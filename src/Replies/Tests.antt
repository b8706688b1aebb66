-- ===== src/Replies/Tests.antt =====
-- The table's theorems where a request's reply comes after its connection was lost.
use omni_binder.Prelude.{◌≡◌, refl, true, [], ◌∷◌, List}
use omni_binder.OrderedMap.{find, Distinct}
use omni_binder.OrderedMap.Keys.{number_key}
use omni_binder.Message.{fresh_message}
use omni_binder.Replies.{Table, fresh_slot, is_waiting, pending_reply, is_failed, take_reply}
use omni_binder.Replies.Life.{
  Call, begins, stores, clears, answered, phase, step, next, run, step-next, run-fate,
  queries_by_phase, is_waiting_phase, reply_of, is_failed_phase,
}

abbrev calls : List Call
calls = begins 1 ∷ begins 2 ∷ clears ∷ stores 1 fresh_message ∷ []

run-fate_example : phase (run [] calls) 1 ≡ answered true fresh_message
run-fate_example = run-fate calls 1

abbrev two_waiting : Table
two_waiting = (1, fresh_slot) ∷ (2, fresh_slot) ∷ []

distinct : Distinct two_waiting
unfolding find
distinct = (refl, (refl, tt))

step-next_example :
    phase (step two_waiting (stores 1 fresh_message)) 1
    ≡ next 1 (stores 1 fresh_message) (phase two_waiting 1)
step-next_example = step-next two_waiting (stores 1 fresh_message) 1 distinct

queries_by_phase_example :
    (is_waiting two_waiting 1 ≡ is_waiting_phase (phase two_waiting 1))
    × (pending_reply two_waiting 1 ≡ reply_of (phase two_waiting 1))
    × ((take_reply two_waiting 1).0 ≡ reply_of (phase two_waiting 1))
    × (is_failed two_waiting 1 ≡ is_failed_phase (phase two_waiting 1))
queries_by_phase_example = queries_by_phase two_waiting 1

__________________________________________________

● **AIM OF THE TASK**:
A word-for-word transcription of the data above is required.

● **SOLUTION**:
filename src/Replies/Tests.antt
repository b8706688b1aebb66
-- ===== src/Replies/Tests.antt =====
-- The table's theorems where a request's reply comes after its connection was lost.
use omni_binder.Prelude.{◌≡◌, refl, true, [], ◌∷◌, List}
use omni_binder.OrderedMap.{find, Distinct}
use omni_binder.OrderedMap.Keys.{number_key}
use omni_binder.Message.{fresh_message}
use omni_binder.Replies.{Table, fresh_slot, is_waiting, pending_reply, is_failed, take_reply}
use omni_binder.Replies.Life.{
  Call, begins, stores, clears, answered, phase, step, next, run, step-next, run-fate,
  queries_by_phase, is_waiting_phase, reply_of, is_failed_phase,
}

abbrev calls : List Call
calls = begins 1 ∷ begins 2 ∷ clears ∷ stores 1 fresh_message ∷ []

run-fate_example : phase (run [] calls) 1 ≡ answered true fresh_message
run-fate_example = run-fate calls 1

abbrev two_waiting : Table
two_waiting = (1, fresh_slot) ∷ (2, fresh_slot) ∷ []

distinct : Distinct two_waiting
unfolding find
distinct = (refl, (refl, tt))

step-next_example :
    phase (step two_waiting (stores 1 fresh_message)) 1
    ≡ next 1 (stores 1 fresh_message) (phase two_waiting 1)
step-next_example = step-next two_waiting (stores 1 fresh_message) 1 distinct

queries_by_phase_example :
    (is_waiting two_waiting 1 ≡ is_waiting_phase (phase two_waiting 1))
    × (pending_reply two_waiting 1 ≡ reply_of (phase two_waiting 1))
    × ((take_reply two_waiting 1).0 ≡ reply_of (phase two_waiting 1))
    × (is_failed two_waiting 1 ≡ is_failed_phase (phase two_waiting 1))
queries_by_phase_example = queries_by_phase two_waiting 1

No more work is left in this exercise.